Total number of MCMC iterations.

burnin

Number of iterations used for burn-in period.

adapt

Number of iterations used for adapting Metropolis-Hastings proposals.

refresh

Interval for producing summary output of the state of the MCMC sampler.

thin

Interval for saving the state of the MCMC sampler.

birthdeath

Number of birth-death proposals attempted at each iteration.

timevar

Number identifying the column in argument axes representing a time variable. Zero if no time variable is present, in which case a logistic/multinomial regression is fitted (instead of a hazard regression).

seed

Seed for the random generator.

rhoa

Shape parameter of a Gamma hyperprior for the Poisson process rate parameters.

rhob

Scale parameter of a Gamma hyperprior for the Poisson process rate parameters.

years

Time period over which absolute risks are calculated (on a time scale scaled to zero-one interval; optional).

deltai

Range for a uniform proposal for the function level parameters.

drange

Allowed range for the monotonic function components, on log-rate/log-odds scale.

predict

Indicator vector for the observations for which absolute risks are calculated (not included in the likelihood expression).

include

Indicator vector for the observations to be included in the likelihood expression.

casestatus

An integer vector indicating the case status (0=censoring, 1=event of interest, 2=competing event).

sprob

Vector of sampling probabilities/rates for each person/person-moment (optional).

offset

Vector of offset terms to be included in the linear predictor of the events of interest (optional).

tstart

Vector of entry times on a time scale scaled to zero-one interval (optional).

axes

A matrix where the columns specify the covariate axes in the non-parametrically specified regression functions.

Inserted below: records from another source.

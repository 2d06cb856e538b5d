-- ===== src/DeviceMqtt/Encoding.antt =====
-- When the sending of a datum ends in an exception.
use astarte_device_sdk_cpp.Base.{
  ℕ, ◌≡◌, ◌↔◌, refl, false, ap, subst, ◌∙◌, Option, none, Text, codes, ok, err, Attempt, exception,
  returns,
}
use astarte_device_sdk_cpp.Base.Int.{ℤ}
use astarte_device_sdk_cpp.Data.{Doubles, Data}
use astarte_device_sdk_cpp.Interface.Validation.{Conforms, validate_individual_iff}
use astarte_device_sdk_cpp.Serialize.{JsonBuilder, serialize_astarte_individual}
use astarte_device_sdk_cpp.Session.{Client, Identity}
use astarte_device_sdk_cpp.Connection.{Waits}
use astarte_device_sdk_cpp.DeviceMqtt.{
  DeviceMqtt, encode, encoded, with_bytes, check_individual, prepare_individual, deliver,
  send_individual,
}
use astarte_device_sdk_cpp.DeviceMqtt.Preparing.{
  IsPermitted, check_individual-IsPermitted, encoded-eq-exception,
}
use astarte_device_sdk_cpp.DeviceMqtt.Delivery.{check_individual-eq-ok}

module _ (client : Client) (waits : Waits) (self : Identity) where
  deliver-exception_iff :
      (device : DeviceMqtt) (name path : Text) (prepared : Attempt (ℕ × Text))
      → ((deliver client waits self device name path prepared).1 ≡ exception)
        ↔ (prepared ≡ exception)
  unfolding deliver
  deliver-exception_iff device name path exception = (λ h. refl, λ h. refl)
  deliver-exception_iff device name path (returns (err e)) = (λ h. absurd cc, λ h. absurd cc)
  deliver-exception_iff device name path (returns (ok (qos, bytes))) =
      (λ h. absurd cc, λ h. absurd cc)

  module _ {d : Doubles} (builder : JsonBuilder d) where
    open d use {Double}
    open builder use {Json, null, is_empty, emplace}

    -- `send_individual` ends in an exception exactly if the device was permitted to send the datum, that
    -- is it was connected, with the interface in its introspection, the datum fit the interface and the
    -- path has a quality of service, and the document of the datum cannot be encoded. The JSON library is
    -- one where an object with a member is not empty.
    pub send_individual-exception_iff :
        (device : DeviceMqtt) (name path : Text) (v : Data Double) (t : Option ℤ)
        → ((j : Json) (key : Text) (x : Json) → is_empty (emplace j key x) ≡ false)
        → ((send_individual client waits self builder device name path v t).1 ≡ exception) ↔ (
            ((qos : ℕ) × IsPermitted (λ i. Conforms d i path v t) device name path qos)
            × (encode builder (serialize_astarte_individual builder null (codes "v") v t) ≡ none))
    unfolding send_individual prepare_individual
    send_individual-exception_iff device name path v t law =
        let checked = check_individual builder device name path v t in
        let (to, from) = deliver-exception_iff device name path (encoded builder checked) in
        (
          λ h.
              let (qos, bson, c, e) = encoded-eq-exception builder checked (to h) in
              let (permitted, same) =
                check_individual-IsPermitted builder device name path v t qos bson c in
              ((qos, permitted), subst (λ j. encode builder j ≡ none) same e),
          λ ((qos, p), e).
              let valid = (validate_individual_iff d p.interface path v t).1 p.fits in
              from (
                ap (encoded builder) (
                  check_individual-eq-ok client waits self builder device name path v t p.interface
                    qos law p.connected p.supported valid p.quality)
                ∙ unfold encoded in ap (with_bytes builder qos) e),
        )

Each variable here must be scaled to zero-one interval.

covariates

A matrix of additional covariates to be included in the linear predictor of the events of interest. Must include at least a vector of ones to specify an intercept term.

ccovariates

A matrix of additional covariates to be included in the linear predictor of the competing events (optional).

settozero

A zero-one matrix specifying the point process construction. Each row represents a point process, while columns correspond to the columns of the argument axes, indicating whether the column is one of the dimensions specifying the domain of the point process. (See function getcmat.)

package

An integer vector specifying the additive component into which each point process (row) specified in argument settozero is placed.

cr

A zero-one vector indicating the additive components to be placed in the linear predictor of the competing causes (optional).

Value

A list with elements

steptotal

A sample of total number of points in the marked point process construction.

steps

A sample of the number of points used per each additive component.

rho

A sample of the Poisson process rate parameters (one per each point process specified).

loglik

A sample of log-likelihood values.

beta

A sample of regression coefficients for the variables specified in the argument covariates.

betac

A sample of regression coefficients for the variables specified in the argument ccovariates.

phi

A sample of non-parametric regression function levels for each observation specified in the argument predict.

risk

A sample of absolute risks of the event of interest for each observation specified in the argument predict.

crisk

A sample of absolute risks of the competing event for each observation specified in the argument predict.

Author(s)

Olli Saarela <[email protected]>

References

Saarela O., Arjas E. (2011). A method for Bayesian monotonic multiple regression. Scandinavian Journal of Statistics, 38:499–513.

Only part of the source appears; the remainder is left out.